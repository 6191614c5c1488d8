-- ===== src/Daemon.antt =====
-- src/daemon: the wire protocol, the mirror of the history that clients read, and the server.
pub mod Types
pub mod Snapshot
pub mod Server
pub mod Broadcast
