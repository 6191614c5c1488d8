-- ===== src/Daemon/Types.antt =====
-- src/daemon/types.rs: the messages between the daemon and its clients. Their JSON form is
-- serde's, and not modelled.
use uclip_daemon.Base.{ℕ, ◌/◌, ◌%◌, ◌^◌, ◌*◌, String, List, Bool, take, min}
use uclip_daemon.Text.{Chars}
use uclip_daemon.Error.{ClipboardError, message}
use uclip_daemon.History.Content.{ClipboardContent, text_content, image_content, mixed_content}
use uclip_daemon.History.State.{
  SystemTime, since_epoch, before_epoch, ClipboardEntry, mime_type, is_text, preview,
}

abbrev pub preview_chars : ℕ
preview_chars = 200

abbrev pub max_list_limit : ℕ
max_list_limit = 100

abbrev pub max_line_bytes : ℕ
max_line_bytes = 64 * 1024

pub data EntryKind : Type 0 where
  text image mixed : EntryKind

pub record EntrySummary : Type 0 where
  pub id : ℕ
  pub timestamp_millis : ℕ
  pub kind : EntryKind
  pub primary_mime : String
  pub preview : Chars
  pub has_text : Bool

pub data UiRequest : Type 0 where
  list : ℕ → ℕ → UiRequest
  restore : ℕ → UiRequest
  ping subscribe : UiRequest

pub data DaemonResponse : Type 0 where
  entries : ℕ → List EntrySummary → DaemonResponse
  restored : ℕ → DaemonResponse
  pong subscribed : DaemonResponse
  error : Chars → DaemonResponse

pub data ServerEvent : Type 0 where
  entry_added : EntrySummary → ServerEvent
  selection_cleared : ServerEvent

pub record RequestEnvelope : Type 0 where
  pub v : ℕ
  pub id : String
  pub req : UiRequest

pub record ResponseEnvelope : Type 0 where
  pub v : ℕ
  pub id : String
  pub resp : DaemonResponse

pub record EventEnvelope : Type 0 where
  pub v : ℕ
  pub event : ServerEvent

-- The version of an envelope that does not name one.
abbrev pub default_version : ℕ
default_version = 1

unfoldable pub truncate_preview : Chars → ℕ → Chars
truncate_preview s max_chars = take max_chars s

-- A client-supplied limit, at most `max_list_limit`.
unfoldable pub clamp_limit : ℕ → ℕ
clamp_limit limit = min limit max_list_limit

unfoldable pub response_of_error : ClipboardError → DaemonResponse
response_of_error err = error (message err)

unfoldable pub kind_of : ClipboardContent → EntryKind
kind_of (text_content t) = text
kind_of (image_content i) = image
kind_of (mixed_content m) = mixed

-- `duration_since(UNIX_EPOCH)`, in milliseconds as a `u64`; 0 before the epoch.
unfoldable pub millis : SystemTime → ℕ
millis (since_epoch nanos) = nanos / 1000000 % 2 ^ 64
millis (before_epoch nanos) = 0

unfoldable pub summary : ClipboardEntry → EntrySummary
summary e = record {
  id = e.id;
  timestamp_millis = millis e.timestamp;
  kind = kind_of e.content;
  primary_mime = mime_type e;
  preview = truncate_preview (preview e) preview_chars;
  has_text = is_text e;
}
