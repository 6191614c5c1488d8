-- ===== src/Daemon/Snapshot.antt =====
-- src/daemon/snapshot.rs: the summaries that clients page through.
pub mod Paging
pub mod Mirror
use uclip_daemon.Base.{ℕ, List, [], ◌∷◌, ◌++◌, take, drop, length, trim_front}
use uclip_daemon.Config.{max_history}
use uclip_daemon.Daemon.Types.{EntrySummary, clamp_limit}

unfoldable pub push_summary : List EntrySummary → EntrySummary → List EntrySummary
push_summary snap summary = trim_front max_history (snap ++ summary ∷ [])

unfoldable pub list_snapshot : List EntrySummary → ℕ → ℕ → ℕ × List EntrySummary
list_snapshot snap offset limit = (length snap, take (clamp_limit limit) (drop offset snap))
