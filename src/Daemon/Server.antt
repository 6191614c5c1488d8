-- ===== src/Daemon/Server.antt =====
-- src/daemon/server.rs: the socket, and the loop that serves one client.
-- JSON is serde's: the parsers of a line are parameters. What the rest of the system answers
-- during one round of the loop (the snapshot, the Wayland thread, the socket) is an `Answers`.
pub mod Replies
pub mod Subscription
pub mod Bind
pub mod Stale
pub mod Transcript
pub mod Serve
pub mod Isolation
use uclip_daemon.Base.{
  ℕ, String, List, [], ◌∷◌, ◌++◌, Bool, true, false, Option, none, some, is_empty, last, length,
  ltb, eqb, if◌then◌else◌,
}
use uclip_daemon.Base.Order.{codes}
use uclip_daemon.Text.{Chars, decimal}
use uclip_daemon.Text.Utf8.{encode_all}
use uclip_daemon.History.Content.{unwrap_or}
use uclip_daemon.Daemon.Types.{
  EntrySummary, UiRequest, list, restore, ping, subscribe, DaemonResponse, entries, pong,
  subscribed, error, ServerEvent, RequestEnvelope, ResponseEnvelope, EventEnvelope, max_line_bytes,
}
use uclip_daemon.Daemon.Snapshot.{list_snapshot}

ends_with_slash : Option ℕ → Bool
ends_with_slash none = false
ends_with_slash (some c) = eqb c b'/'

-- `PathBuf::from(dir).join(name)`, for a relative name.
unfoldable pub join_path : Chars → Chars → Chars
unfolding ends_with_slash
join_path dir name =
    if is_empty dir
    then name
    else if ends_with_slash (last dir)
    then dir ++ name
    else dir ++ (codes "/" ++ name)

-- `xdg` is the variable XDG_RUNTIME_DIR, `uid` the user's id.
unfoldable pub socket_path : Option Chars → ℕ → Chars
socket_path (some runtime_dir) uid = join_path runtime_dir (codes "uclip.sock")
socket_path none uid = codes "/tmp/uclip-" ++ (decimal uid ++ codes ".sock")

pub data Frame : Type 0 where
  response : ResponseEnvelope → Frame
  event_frame : EventEnvelope → Frame

-- How the Wayland thread and the channel to it answer a restore.
pub data RestoreAnswer : Type 0 where
  channel_closed : RestoreAnswer
  replied : DaemonResponse → RestoreAnswer
  reply_dropped : RestoreAnswer
  timed_out : RestoreAnswer

pub record Answers : Type 0 where
  -- `none` if the lock is poisoned.
  pub snapshot : Option (List EntrySummary)
  pub restores : ℕ → RestoreAnswer
  pub writes : Bool

-- What `select!` hands to the loop.
pub data Input : Type 0 where
  eof : Input
  line : Chars → Input
  read_failed : Chars → Input
  event : ServerEvent → Input
  lagged : ℕ → Input
  closed : Input

pub record Client : Type 0 where
  pub is_subscribed : Bool
  pub sent : List Frame
  pub forwarded : List ℕ

abbrev pub connected : Client
connected = record { is_subscribed = false; sent = []; forwarded = [] }

pub data Ending : Type 0 where
  returned_ok returned_err : Ending

pub data Next : Type 0 where
  continue : Client → Next
  stop : Client → Ending → Next

unfoldable pub write : Answers → Client → Frame → Next
write a c frame =
    if a.writes then continue (record c { sent = c.sent ++ frame ∷ [] }) else stop c returned_err

-- `if let Err(err) = send_envelope(…) { return Err(err); }`
unfoldable pub reply : Answers → Client → String → DaemonResponse → Next
reply a c id resp = write a c (response (record { v = 1; id = id; resp = resp }))

-- `let _ = send_envelope(…)`
unfoldable pub reply_best_effort : Answers → Client → String → DaemonResponse → Next
reply_best_effort a c id resp =
    let frame = response (record { v = 1; id = id; resp = resp }) in
    if a.writes then continue (record c { sent = c.sent ++ frame ∷ [] }) else continue c

unfoldable pub send_event : Answers → Client → ServerEvent → Next
send_event a c e = write a c (event_frame (record { v = 1; event = e }))

unfoldable pub list_response : Option (List EntrySummary) → ℕ → ℕ → DaemonResponse
list_response none offset limit = error (codes "history unavailable")
list_response (some snap) offset limit =
    let (total, page) = list_snapshot snap offset limit in entries total page

unfoldable pub restore_response : RestoreAnswer → DaemonResponse
restore_response channel_closed = error (codes "daemon shutting down")
restore_response (replied r) = r
restore_response reply_dropped = error (codes "restore failed: wayland thread gone")
restore_response timed_out = error (codes "restore timed out")

unfoldable pub forward : RestoreAnswer → ℕ → Client → Client
forward channel_closed entry_id c = c
forward _ entry_id c = record c { forwarded = c.forwarded ++ entry_id ∷ [] }

-- The `match request.req`.
unfoldable pub handle_request : Answers → Client → String → UiRequest → Next
handle_request a c id (list offset limit) = reply a c id (list_response a.snapshot offset limit)
handle_request a c id (restore entry_id) =
    reply a (forward (a.restores entry_id) entry_id c) id (restore_response (a.restores entry_id))
handle_request a c id ping = reply a c id pong
handle_request a c id subscribe = reply a (record c { is_subscribed = true }) id subscribed

pub data Parsed : Type 0 where
  request : RequestEnvelope → Parsed
  invalid : Chars → Parsed

unfoldable pub too_long : ℕ → DaemonResponse
too_long bytes = error (
    codes "line too long: "
    ++ (decimal bytes ++ (codes " bytes (max " ++ (decimal max_line_bytes ++ codes ")"))))

unfoldable pub handle_parsed : Answers → Client → Option String → Parsed → Next
handle_parsed a c id (request r) = handle_request a c r.id r.req
handle_parsed a c id (invalid e) =
    reply a c (unwrap_or id "") (error (codes "invalid request: " ++ e))

-- `line.len()`, in bytes.
unfoldable pub line_bytes : Chars → ℕ
line_bytes l = length (encode_all l)

-- `parse` reads a request, and `find_id` the string field "id" of any JSON value.
module _ (parse : Chars → Parsed) (find_id : Chars → Option String) where
  unfoldable pub handle_line : Answers → Client → Chars → Next
  handle_line a c l =
      if ltb max_line_bytes (line_bytes l)
      then reply_best_effort a c "" (too_long (line_bytes l))
      else handle_parsed a c (find_id l) (parse l)

  -- One round. The broadcast channel is polled only if the client has subscribed.
  unfoldable pub step : Answers → Client → Input → Next
  step a c eof = stop c returned_ok
  step a c (read_failed e) = stop c returned_err
  step a c (line l) = handle_line a c l
  step a c (event e) = if c.is_subscribed then send_event a c e else continue c
  step a c (lagged n) =
      if c.is_subscribed then reply a c "" (error (codes "lagged, re-list")) else continue c
  step a c closed = if c.is_subscribed then stop c returned_ok else continue c

  unfoldable pub handle_client : Client → List (Answers × Input) → Next
  unfolding step
  handle_client c [] = continue c
  handle_client c ((a, i) ∷ inputs) = elim (step a c i) [
    | continue c' ↦ handle_client c' inputs
    | stop c' e ↦ stop c' e
  ]
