-- ===== src/Daemon/Server/Serve.antt =====
-- src/daemon/server.rs: `serve`, which accepts connections and spawns a task for each.
use uclip_daemon.Base.{ℕ, zero, suc, String, List, [], ◌∷◌, ◌++◌, Option, none, some}
use uclip_daemon.Text.{Chars}
use uclip_daemon.Daemon.Server.{Answers, Input, connected, Next, continue, stop, Parsed, step}

-- What happens while the server runs: a connection, a connection that could not be accepted, or a
-- round of the task with this number.
pub data Happening : Type 0 where
  accepted : Happening
  accept_failed : Chars → Happening
  progressed : ℕ → Answers × Input → Happening

unfoldable pub update {ℓ} : {A : Type ℓ} → ℕ → (A → A) → List A → List A
update k f [] = []
update zero f (x ∷ xs) = f x ∷ xs
update (suc k) f (x ∷ xs) = x ∷ update k f xs

unfoldable pub get_elem? {ℓ} : {A : Type ℓ} → List A → ℕ → Option A
get_elem? [] k = none
get_elem? (x ∷ xs) zero = some x
get_elem? (x ∷ xs) (suc k) = get_elem? xs k

module _ (parse : Chars → Parsed) (find_id : Chars → Option String) where
  -- A task that has returned does no more.
  unfoldable pub advance : Answers × Input → Next → Next
  advance (a, i) (continue c) = step parse find_id a c i
  advance (a, i) (stop c e) = stop c e

  -- The tasks, in the order in which their connections were accepted.
  unfoldable pub serve_one : List Next → Happening → List Next
  serve_one tasks accepted = tasks ++ continue connected ∷ []
  serve_one tasks (accept_failed e) = tasks
  serve_one tasks (progressed k input) = update k (advance input) tasks

  unfoldable pub serve : List Next → List Happening → List Next
  serve tasks [] = tasks
  serve tasks (h ∷ hs) = serve (serve_one tasks h) hs
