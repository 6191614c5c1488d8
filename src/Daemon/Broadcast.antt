-- ===== src/Daemon/Broadcast.antt =====
-- tokio's broadcast channel, as src/main.rs and src/daemon/server.rs use it. It is not part of the
-- program: what its documentation promises are the laws of an interface.
use uclip_daemon.Base.{ℕ, ◌+◌, length, ◌≤◌, ◌<◌, ◌≡◌, List, Option, none, some}
use uclip_daemon.Daemon.Types.{ServerEvent}
use uclip_daemon.Daemon.Server.Serve.{get_elem?}

-- `broadcast::channel::<ServerEvent>(64)`
abbrev pub capacity : ℕ
capacity = 64

-- What `recv` returns while there are senders: an event, or `Lagged`.
pub data Received : Type 0 where
  value : ServerEvent → Received
  lag : ℕ → Received

-- The events that were sent so far are an argument of each operation.
pub record Broadcast : Type 1 where
  pub Receiver : Type 0
  -- How many of the events sent are behind the receiver.
  pub seen : Receiver → ℕ
  pub subscribe : List ServerEvent → Receiver
  -- `none` while the receiver waits.
  pub recv : List ServerEvent → Receiver → Option (Received × Receiver)
  -- A receiver gets what is sent after it was made.
  pub seen-subscribe : (sent : List ServerEvent) → seen (subscribe sent) ≡ length sent
  -- It waits only if nothing is left,
  pub recv-none :
      (sent : List ServerEvent) (r : Receiver) → recv sent r ≡ none → length sent ≤ seen r
  -- it gets the events one by one, in their order,
  pub recv-value :
      (sent : List ServerEvent) (r r' : Receiver) (e : ServerEvent)
      → recv sent r ≡ some (value e, r')
      → (get_elem? sent (seen r) ≡ some e) × (seen r' ≡ seen r + 1)
  -- and if it is behind by more than the capacity, it skips to the oldest event still held.
  pub recv-lag :
      (sent : List ServerEvent) (r r' : Receiver) (n : ℕ)
      → recv sent r ≡ some (lag n, r')
      → (0 < n) × (seen r' ≡ seen r + n) × (seen r' + capacity ≡ length sent)
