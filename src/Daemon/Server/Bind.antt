-- ===== src/Daemon/Server/Bind.antt =====
-- src/daemon/server.rs: `bind`, as calls of the file system and their answers.
use uclip_daemon.Base.{
  ℕ, List, [], ◌∷◌, ◌++◌, Bool, false, ◌&&◌, Option, none, some, is_empty, eqb, if◌then◌else◌,
}
use uclip_daemon.Base.Result.{Result, done, fail}
use uclip_daemon.Text.{Chars}

-- A failed call, with `std::io::ErrorKind::NotFound` told apart.
pub data IoError : Type 0 where
  not_found : IoError
  other : Chars → IoError

pub data SysCall : Type 0 where
  create_dir_all : Chars → SysCall
  remove_file : Chars → SysCall
  bind_socket : Chars → SysCall
  set_permissions : Chars → ℕ → SysCall

-- What the system answers to a call: `none` if it succeeds.
abbrev pub Answer : Type 0
Answer = SysCall → Option IoError

abbrev pub slash : ℕ
slash = b'/'

abbrev pub dot : ℕ
dot = b'.'

-- The path without its last component, read from the end.
unfoldable pub drop_name : Chars → Chars
drop_name [] = []
drop_name (c ∷ cs) = if eqb c slash then c ∷ cs else drop_name cs

-- Slashes at the end, and components `.` after a slash, are no part of a path.
unfoldable pub trim_end : Chars → Chars
trim_end [] = []
trim_end (c ∷ []) = if eqb c slash then [] else c ∷ []
trim_end (c ∷ d ∷ cs) =
    let after_slash = trim_end (d ∷ cs) in
    if eqb c slash
    then after_slash
    else if eqb c dot && eqb d slash
    then after_slash
    else c ∷ d ∷ cs

abbrev pub reverse_onto : Chars → Chars → Chars
reverse_onto [] acc = acc
reverse_onto (c ∷ cs) acc = reverse_onto cs (c ∷ acc)

abbrev pub is_rooted : Chars → Bool
is_rooted [] = false
is_rooted (c ∷ cs) = eqb c slash

-- `path.parent()`, for a path that ends in a name.
unfoldable pub parent : Chars → Chars
parent path =
    let trimmed = reverse_onto (trim_end (drop_name (reverse_onto path []))) [] in
    if is_rooted path && is_empty trimmed then slash ∷ [] else trimmed

-- An action makes calls after those already made, and may fail.
abbrev pub Action : Type 0 → Type 0
Action A = Answer → List SysCall → List SysCall × Result IoError A

infixl 5 ◌then_do◌
abbrev pub ◌then_do◌ : {A : Type 0} → Action (Unit {0}) → Action A → Action A
◌then_do◌ m k ask calls =
    let (calls', r) = m ask calls in elim r [ done u ↦ k ask calls' | fail e ↦ (calls', fail e) ]

unfoldable pub or_fail : Option IoError → Result IoError (Unit {0})
or_fail none = done tt
or_fail (some e) = fail e

-- `Ok(()) => {}`, `Err(e) if e.kind() == NotFound => {}`, `Err(e) => return Err(e.into())`
unfoldable pub tolerate : Option IoError → Result IoError (Unit {0})
tolerate none = done tt
tolerate (some not_found) = done tt
tolerate (some (other e)) = fail (other e)

unfoldable pub call : SysCall → Action (Unit {0})
call c ask calls = (calls ++ c ∷ [], or_fail (ask c))

unfoldable pub unlink : Chars → Action (Unit {0})
unlink path ask calls = (calls ++ remove_file path ∷ [], tolerate (ask (remove_file path)))

-- A failure is logged only.
unfoldable pub attempt : SysCall → Action (Unit {0})
attempt c ask calls = (calls ++ c ∷ [], done tt)

unfoldable pub make_parent : Chars → Action (Unit {0})
make_parent [] ask calls = (calls, done tt)
make_parent (c ∷ cs) ask calls = call (create_dir_all (c ∷ cs)) ask calls

-- `0o700`
abbrev pub owner_only : ℕ
owner_only = 448

-- `bind` after its directory was made.
unfoldable pub rest_of : Chars → Action Chars
rest_of path =
    unlink path
    then_do (call (bind_socket path)
        then_do (attempt (set_permissions path owner_only)
            then_do (λ ask calls. (calls, done path))))

unfoldable pub bind : Chars → Action Chars
bind path = make_parent (parent path) then_do rest_of path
◇ ◇ ◇ ◇ ◇
▶ **Work to complete**
Set down the lines of the records exactly, from the first one through the line containing "max_list_limit = 100", and add nothing else.

▶ **Solution to the problem**
repository 6191614c5c1488d8
-- ===== src/Daemon.antt =====
-- src/daemon: the wire protocol, the mirror of the history that clients read, and the server.
pub mod Types
pub mod Snapshot
pub mod Server
pub mod Broadcast
repository 6191614c5c1488d8
-- ===== src/Daemon/Types.antt =====
-- src/daemon/types.rs: the messages between the daemon and its clients. Their JSON form is
-- serde's, and not modelled.
use uclip_daemon.Base.{ℕ, ◌/◌, ◌%◌, ◌^◌, ◌*◌, String, List, Bool, take, min}
use uclip_daemon.Text.{Chars}
use uclip_daemon.Error.{ClipboardError, message}
use uclip_daemon.History.Content.{ClipboardContent, text_content, image_content, mixed_content}
use uclip_daemon.History.State.{
  SystemTime, since_epoch, before_epoch, ClipboardEntry, mime_type, is_text, preview,
}

abbrev pub preview_chars : ℕ
preview_chars = 200

abbrev pub max_list_limit : ℕ
max_list_limit = 100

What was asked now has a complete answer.